Compatibility Notes for CDH 5.1

General Notes

  • HBASE-8218 changes AggregationClient by replacing the byte[] tablename parameters with HTable table. This means that coprocessors compiled against CDH 5.0.x won't run or compile in CDH 5.1 and later.
  • In CDH 5.1 and later, delete* methods of the Delete class of the HBase Client API use the timestamp from the constructor, the same behavior as the Put class. (In previous versions, the delete* methods ignored the constructor's timestamp, and used the value of HConstants.LATEST_TIMESTAMP. This behavior was different from the behavior of the add() methods of the Put class.) See HBASE-10964.
  • In CDH 5.1 and newer, HBase introduces a new snapshot format (HBASE-7987). A snapshot created in HBase 0.98 cannot be read by HBase 0.96. HBase 0.98 can read snapshots produced in previous versions of HBase, and no conversion is necessary.
  • In CDH 5.1, the default value for hbase.security.access.early_out was changed from true to false. A setting of true means that if a user is not granted access to a column family qualifier, the AccessController immediately throws an AccessDeniedException. This behavior change was reverted for CDH 5.2.

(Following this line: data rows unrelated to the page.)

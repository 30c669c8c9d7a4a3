-- ===== src/Tests/Requests.antt =====
-- A token, the review queue, and requests to the workflow endpoints.
use banking_ai_platform.Prelude.{
  List, String, map, join, split, length, ◌≤◌, All, ℕ, ◌≡◌, refl, ◌is◌, true, some, none, [], ◌∷◌,
  contains, Dict, arith, if◌then◌else◌,
}
use banking_ai_platform.Core.Errors.{Result, ok, err, Exn, raise_app, authentication_error}
use banking_ai_platform.Core.Rbac.{permissions_for_roles, permission_value, workflow_start}
use banking_ai_platform.Core.Security.{
  Jwt, access, refresh, claims, invalid, decode_token, from_claims, Principal,
}
use banking_ai_platform.Core.Security.Tokens.{signed, signed_claims, decode-access}
use banking_ai_platform.Db.Enums.{WorkflowType}
use banking_ai_platform.Db.Session.{Session}
use banking_ai_platform.Services.Workflow.Queue.{awaiting, queue_page}
use banking_ai_platform.Services.Workflow.Queue.Pages.{items_from, pages-whole}
use banking_ai_platform.Services.Workflow.Start.{start}
use banking_ai_platform.Api.Deps.{Request, current_principal}
use banking_ai_platform.Api.Workflows.{Call, start_workflow, Response, serve, permission_of}
use banking_ai_platform.Api.Workflows.Guarded.{serve-permitted}
use banking_ai_platform.Services.Documents.{chunk_text}
use banking_ai_platform.Services.Documents.Windows.{reassemble, chunk_text-whole}
use banking_ai_platform.Tests.Models.{live}
use banking_ai_platform.Tests.Workflows.{counting, fresh, loan_request}

abbrev pub officer_claims : Dict
officer_claims = signed_claims "u7" ("manager" ∷ []) access live "m@bank.dev" 100 "jti-1"

-- A library that knows one token.
abbrev pub one_token : Jwt
one_token = record {
  encode = λ secret alg payload. "t";
  decode = λ secret alg now token. if token is "t" then claims officer_claims else invalid;
}

decode-access_example :
    (decode_token one_token
        (signed one_token "u7" ("manager" ∷ []) access live "m@bank.dev" 100 "jti-1")
        access
        live
        200
      ≡ ok officer_claims)
    × (from_claims officer_claims ≡ record {
      user_id = "u7";
      email = some "m@bank.dev";
      roles = "manager" ∷ [];
      permissions = permissions_for_roles ("manager" ∷ []);
      token_id = some "jti-1";
    })
    × (decode_token one_token
          (signed one_token "u7" ("manager" ∷ []) access live "m@bank.dev" 100 "jti-1")
          refresh
          live
          200
        ≡ err (raise_app authentication_error "Expected a refresh token." []))
decode-access_example =
    decode-access one_token "u7" ("manager" ∷ []) live "m@bank.dev" 100 200 "jti-1" refl

abbrev two_open : Session ℕ
two_open = (start counting true loan_request (start counting true loan_request fresh).1).1

pages-whole_example :
    items_from (λ k. queue_page k 1 two_open.db) (queue_page 1 1 two_open.db).meta.total_pages 0
    ≡ awaiting two_open.db
pages-whole_example = pages-whole 1 two_open.db (omega arith)

abbrev pub from_officer : Request
from_officer = record { authorization = "Bearer t"; access_token = none; request_id = none }

abbrev new_loan : Call
new_loan = start_workflow WorkflowType.loan []

abbrev served : Result Response × Session ℕ
served = serve counting (λ id. ok 7) one_token live 200 new_loan from_officer fresh

serve-permitted_example :
    ((response : Response)
      → served.0 ≡ ok response
      → (p : Principal) × (current_principal one_token live 200 from_officer ≡ ok p)
        × (contains p.permissions (permission_value workflow_start) ≡ true))
    × ((e : Exn) → served.0 ≡ err e → served.1.db ≡ fresh.db)
unfolding permission_of
serve-permitted_example =
    serve-permitted counting (λ id. ok 7) one_token live 200 new_loan from_officer fresh

chunk_text-whole_example :
    (ws : List (List String)) × (chunk_text "a b c d e f g" 4 1 ≡ map (join " ") ws)
    × (reassemble 1 ws ≡ split "a b c d e f g")
    × All (λ w. length w ≤ 4) ws
chunk_text-whole_example = chunk_text-whole "a b c d e f g" 4 1 (omega arith)

chunks : chunk_text "a b c d e f g" 4 1 ≡ "a b c d" ∷ "d e f g" ∷ []
unfolding chunk_text
chunks = refl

Developer Interface Changes

  • HTablePool is no longer supported in CDH 5.1 and later. The HConnection object is the replacement. You create the connection once and pass it around, as with the old table pool.
    HConnection connection = HConnectionManager.createConnection(config);
    HTableInterface table = connection.getTable(tableName);
    table.put(put);
    table.close();
    connection.close();
    You can set the hbase.hconnection.threads.max property in hbase-site.xml to control the pool size or you can pass an ExecutorService to HConnectionManager.createConnection().
    ExecutorService pool = ...;
    HConnection connection = HConnectionManager.createConnection(conf, pool);

Compatibility Notes for CDH 5 Beta Releases

The HBase client from CDH 5 Beta 1 is not wire compatible with CDH 5 Beta 2 because of changes introduced in HBASE-9612. As a consequence, CDH 5 Beta 1 users will not be able to execute a rolling upgrade to CDH 5 Beta 2 (or later). This patch unifies the way the HBase clients make requests and simplifies the internals, but breaks wire compatibility. Developers may need to recompile applications built upon the CDH 5 Beta 1 API.

As of CDH 5 Beta 1 (HBase 0.95), the value of hbase.regionserver.checksum.verify defaults to true; in earlier releases the default is false.

Compatibility between CDH Beta and Apache HBase Releases

  • Apache HBase 0.95.2 is not wire compatible with CDH 5 Beta 1 HBase 0.95.2.
  • Apache HBase 0.96.x should be wire compatible with CDH 5 Beta 2 HBase 0.96.1.1.